▸ **YOUR GOAL**:
State how many lines of the data contain the word "none", and write nothing besides the number.

Excerpts from a dataset
----
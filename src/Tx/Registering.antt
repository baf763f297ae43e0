-- ===== src/Tx/Registering.antt =====
-- The steps of an accepted registering (src/tx.cpp: `CRegisterAccountTx::ExecuteTx`).
use dacrs.Base.{
  ℕ, Bool, true, false, ◌&&◌, Option, none, some, [], ◌≡◌, refl, sym, ◌∙◌, ap, ◌==◌, if◌then◌else◌,
  Bool-cases, inl, inr,
}
use dacrs.Base.Int.{pos, pos_part, ltb_ℤ}
use dacrs.RunEnv.Check.{em_minus_free}
use dacrs.Account.{
  ChainParams, Account, AccountLog, KeyId, RegId, PubKeys, account_log, undo_operate_account,
  is_empty_value,
}
use dacrs.Account.Undo.{undo-operate_account}
use dacrs.Views.{AccountView}
use dacrs.Views.Batch.{save_account_info}
use dacrs.Views.ByUser.{UserId, null_id, by_reg, by_key, by_pub_key, get_account_by}
use dacrs.Tx.{TxState, accepted, with_view, push_log}
use dacrs.Tx.Register.{
  RegisterAccountTx, reg_id_at, charge_fees, with_miner, bad_miner, save_registered, register_found,
  register,
}
use dacrs.Tx.Transfer.{accepted-ne-rejected, accepted-injective}

-- What the undo leaves of an account with money: the id of its registration, but no keys.
abbrev pub left : RegId → Account → Account
left id acc = record acc { reg_id = id; public_key = []; miner_pkey = [] }

module _ (keys : PubKeys) (params : ChainParams) (tx : RegisterAccountTx) (height index : ℕ) where
  abbrev pub key : KeyId
  key = keys.get_key_id tx.user_key

  abbrev pub id : RegId
  id = reg_id_at height index

  abbrev pub reg : UserId → Account → Account
  reg m acc = with_miner keys params tx height index m (record acc { reg_id = id })

  pub reg-key_id : (m : UserId) (acc : Account) → (reg m acc).key_id ≡ acc.key_id
  reg-key_id null_id acc = refl
  reg-key_id (by_reg i) acc = refl
  reg-key_id (by_key k) acc = refl
  reg-key_id (by_pub_key p) acc = refl

  pub reg-is_empty_value :
      (m : UserId) (acc : Account) → is_empty_value (reg m acc) ≡ is_empty_value acc
  unfolding is_empty_value
  reg-is_empty_value null_id acc = refl
  reg-is_empty_value (by_reg i) acc = refl
  reg-is_empty_value (by_key k) acc = refl
  reg-is_empty_value (by_pub_key p) acc = refl

  undo-reg :
      (m : UserId) (log : AccountLog) (acc : Account)
      → undo_operate_account log (reg m acc) ≡ reg m (undo_operate_account log acc)
  unfolding undo_operate_account
  undo-reg null_id log acc = refl
  undo-reg (by_reg i) log acc = refl
  undo-reg (by_key k) log acc = refl
  undo-reg (by_pub_key p) log acc = refl

  pub left-reg :
      (m : UserId) (acc : Account)
      → record (reg m acc) { public_key = []; miner_pkey = [] } ≡ left id acc
  left-reg null_id acc = refl
  left-reg (by_reg i) acc = refl
  left-reg (by_key k) acc = refl
  left-reg (by_pub_key p) acc = refl

  -- The account as the undo of the fees leaves it.
  abbrev pub unfees : AccountLog → Account → Account
  unfees log acc = if ltb_ℤ (pos 0) tx.fees then undo_operate_account log acc else acc

  pub unfees-charge_fees :
      (acc : Account)
      → unfees (account_log acc) (charge_fees keys params tx height index acc).1 ≡ acc
  unfees-charge_fees acc = elim (Bool-cases (ltb_ℤ (pos 0) tx.fees)) [
    | inl f ↦ rw f (undo-operate_account params em_minus_free (pos_part tx.fees) (pos height) acc)
    | inr f ↦ rw f refl
  ]

  pub unfees-reg :
      (m : UserId) (log : AccountLog) (acc : Account)
      → unfees log (reg m acc) ≡ reg m (unfees log acc)
  unfees-reg m log acc = elim (Bool-cases (ltb_ℤ (pos 0) tx.fees)) [
    | inl f ↦ rw f (undo-reg m log acc)
    | inr f ↦ rw f refl
  ]

  pub unfees-key_id : (log : AccountLog) (acc : Account) → (unfees log acc).key_id ≡ acc.key_id
  unfolding undo_operate_account
  unfees-key_id log acc = elim (Bool-cases (ltb_ℤ (pos 0) tx.fees)) [
    | inl f ↦ rw f refl
    | inr f ↦ rw f refl
  ]

  pub unfees-public_key :
      (log : AccountLog) (acc : Account) → (unfees log acc).public_key ≡ acc.public_key
  unfolding undo_operate_account
  unfees-public_key log acc = elim (Bool-cases (ltb_ℤ (pos 0) tx.fees)) [
    | inl f ↦ rw f refl
    | inr f ↦ rw f refl
  ]

  pub unfees-miner_pkey :
      (log : AccountLog) (acc : Account) → (unfees log acc).miner_pkey ≡ acc.miner_pkey
  unfolding undo_operate_account
  unfees-miner_pkey log acc = elim (Bool-cases (ltb_ℤ (pos 0) tx.fees)) [
    | inl f ↦ rw f refl
    | inr f ↦ rw f refl
  ]

  pub charge_fees-key_id :
      (acc : Account) → (charge_fees keys params tx height index acc).1.key_id ≡ acc.key_id
  charge_fees-key_id acc =
      sym (unfees-key_id (account_log acc) (charge_fees keys params tx height index acc).1)
      ∙ ap (λ a. a.key_id) (unfees-charge_fees acc)

  -- What an accepted registering has written.
  pub record Entry (s t : TxState) : Type 0 where
    pub acc : Account
    pub acc' : Account
    pub v : AccountView
    pub read : get_account_by keys (by_pub_key tx.user_key) s.view ≡ (some acc, v)
    pub paid :
        charge_fees keys params tx height index (record acc { public_key = tx.user_key })
        ≡ (true, acc')
    pub unregistered :
        (keys.is_fully_valid acc.public_key && keys.get_key_id acc.public_key == key) ≡ false
    pub good_miner : bad_miner keys params tx height index tx.miner_id ≡ false
    pub result :
        t
        ≡ push_log
            (account_log acc)
            (with_view (save_account_info id key (reg tx.miner_id acc') v) s)

  save_registered-Entry :
      (acc : Account) (v : AccountView) (s t : TxState) (r : Bool × Account)
      → get_account_by keys (by_pub_key tx.user_key) s.view ≡ (some acc, v)
      → charge_fees keys params tx height index (record acc { public_key = tx.user_key }) ≡ r
      → (keys.is_fully_valid acc.public_key && keys.get_key_id acc.public_key == key) ≡ false
      → save_registered keys params tx height index (account_log acc) r (with_view v s) ≡ accepted t
      → Entry s t
  save_registered-Entry acc v s t (false, acc') read paid new e = absurd (accepted-ne-rejected e)
  save_registered-Entry acc v s t (true, acc') read paid new e =
      elim (Bool-cases (bad_miner keys params tx height index tx.miner_id)) [
        | inl f ↦ absurd (accepted-ne-rejected (rw f at e))
        | inr f ↦ record {
          acc = acc;
          acc' = acc';
          v = v;
          read = read;
          paid = paid;
          unregistered = new;
          good_miner = f;
          result = sym (accepted-injective (rw f at e));
        }
      ]

  register_found-Entry :
      (s t : TxState) (r : Option Account × AccountView)
      → get_account_by keys (by_pub_key tx.user_key) s.view ≡ r
      → register_found keys params tx height index r s ≡ accepted t
      → Entry s t
  register_found-Entry s t (none, v) read e = absurd (accepted-ne-rejected e)
  register_found-Entry s t (some acc, v) read e =
      elim (Bool-cases
        (keys.is_fully_valid acc.public_key && keys.get_key_id acc.public_key == key)) [
          | inl f ↦ absurd (accepted-ne-rejected (rw f at e))
          | inr f ↦ save_registered-Entry acc v s t _ read refl f (rw f at e)
        ]

  pub register-Entry :
      (s t : TxState) → register keys params tx height index s ≡ accepted t → Entry s t
  unfolding register
  register-Entry s t e = register_found-Entry s t _ refl e
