-- ===== src/Tx/Charged.antt =====
-- What the steps of an accepted registering have done to the view (src/tx.cpp:
-- `CRegisterAccountTx::ExecuteTx`).
use dacrs.Base.{
  ℕ, true, false, some, [], ◌∷◌, ◌++◌, ◌&&◌, ◌≡◌, refl, sym, ◌∙◌, ap, subst, ◌==◌, Bool-cases, inl,
  inr,
}
use mathlib.Core.Option.{some-injective, none-ne-some}
use dacrs.Vm.Api.{bytes_of}
use dacrs.Account.{ChainParams, Account, KeyId, RegId, PubKeys, account_log}
use dacrs.Views.{present, present_key}
use dacrs.Views.Observe.{account_of, key_of}
use dacrs.Views.Reads.{account-is_live}
use dacrs.Views.Batch.{save_account_info}
use dacrs.Views.ByUser.{by_pub_key}
use dacrs.Views.Identity.{account_at, key_by}
use dacrs.Views.Layer.{IsCache, Got, get_account_by-Got}
use dacrs.Tx.{TxState, accepted}
use dacrs.Tx.Register.{RegisterAccountTx, reg_id_at, charge_fees, bad_miner, registered, register}
use dacrs.Tx.Entries.{Entered, save_account_info-Entered}
use dacrs.Tx.Registering.{reg-key_id, charge_fees-key_id, Entry, register-Entry}

module _ (keys : PubKeys) (params : ChainParams) (tx : RegisterAccountTx) (height index : ℕ)
    (s t : TxState) where
  abbrev key : KeyId
  key = keys.get_key_id tx.user_key

  abbrev id : RegId
  id = reg_id_at height index

  -- What an accepted registering of the account has done, by the steps of the code.
  pub record Charged (acc : Account) : Type 0 where
    pub acc' : Account
    pub entered :
        Entered key (some (registered keys params tx height index acc')) id (some key) s.view t.view
    pub paid :
        charge_fees keys params tx height index (record acc { public_key = tx.user_key })
        ≡ (true, acc')
    pub unregistered :
        (keys.is_fully_valid acc.public_key && keys.get_key_id acc.public_key == key) ≡ false
    pub good_miner : bad_miner keys params tx height index tx.miner_id ≡ false
    pub logs : t.undo.account_log ≡ s.undo.account_log ++ account_log acc ∷ []

  module _ (acc : Account) (cached : IsCache s.view) (there : account_of key s.view ≡ some acc)
      (keyed : acc.key_id ≡ key) where
    some_key : (key == 0) ≡ false
    some_key = elim (Bool-cases (key == 0)) [
      | inr f ↦ f
      | inl f ↦ absurd (
          none-ne-some acc (
            rw (ap (λ k. k == 0) keyed ∙ f) at (account-is_live key s.view cached.sound acc there)))
    ]

    Entry-Charged : Entry keys params tx height index s t → Charged acc
    unfolding account_at key_by bytes_of
    Entry-Charged entry = record {
      acc' = entry.acc';
      entered = record {
        accounts = λ j.
            ap (λ u. account_of j u.view) entry.result
            ∙ saved.accounts j
            ∙ rw (live, got.same.accounts j) refl;
        key_ids = λ i.
            ap (λ u. key_of i u.view) entry.result
            ∙ saved.key_ids i
            ∙ rw (some_key, got.same.key_ids i) refl;
        cache = subst (λ u. IsCache u.view) (sym entry.result) saved.cache;
      };
      paid =
          subst
            (λ a.
              charge_fees keys params tx height index (record a { public_key = tx.user_key })
              ≡ (true, entry.acc'))
            found entry.paid;
      unregistered =
          subst
            (λ a. (keys.is_fully_valid a.public_key && keys.get_key_id a.public_key == key) ≡ false)
            found entry.unregistered;
      good_miner = entry.good_miner;
      logs =
          ap (λ u. u.undo.account_log) entry.result
          ∙ ap (λ a. s.undo.account_log ++ account_log a ∷ []) found;
    }
      where
        got : Got (account_of key s.view) s.view (some entry.acc, entry.v)
        got =
            subst (Got (account_of key s.view) s.view) entry.read
              (get_account_by-Got keys (by_pub_key tx.user_key) s.view cached)

        found : entry.acc ≡ acc
        found = some-injective _ _ (got.result ∙ there)

        same : entry.acc'.key_id ≡ key
        same =
            ap (λ r. r.1.key_id) (sym entry.paid)
            ∙ charge_fees-key_id keys params tx height index
                (record entry.acc { public_key = tx.user_key })
            ∙ ap (λ a. a.key_id) found
            ∙ keyed

        saved :
            Entered key
              (present (registered keys params tx height index entry.acc'))
              id
              (present_key key)
              entry.v
              (save_account_info id key (registered keys params tx height index entry.acc') entry.v)
        saved = save_account_info-Entered id key _ entry.v got.cache refl

        live :
            present (registered keys params tx height index entry.acc')
            ≡ some (registered keys params tx height index entry.acc')
        live =
            rw (reg-key_id keys params tx height index tx.miner_id entry.acc', same, some_key) refl

    pub register-Charged : register keys params tx height index s ≡ accepted t → Charged acc
    register-Charged e = Entry-Charged (register-Entry keys params tx height index s t e)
----
▸ **WRITTEN ANSWER**:
4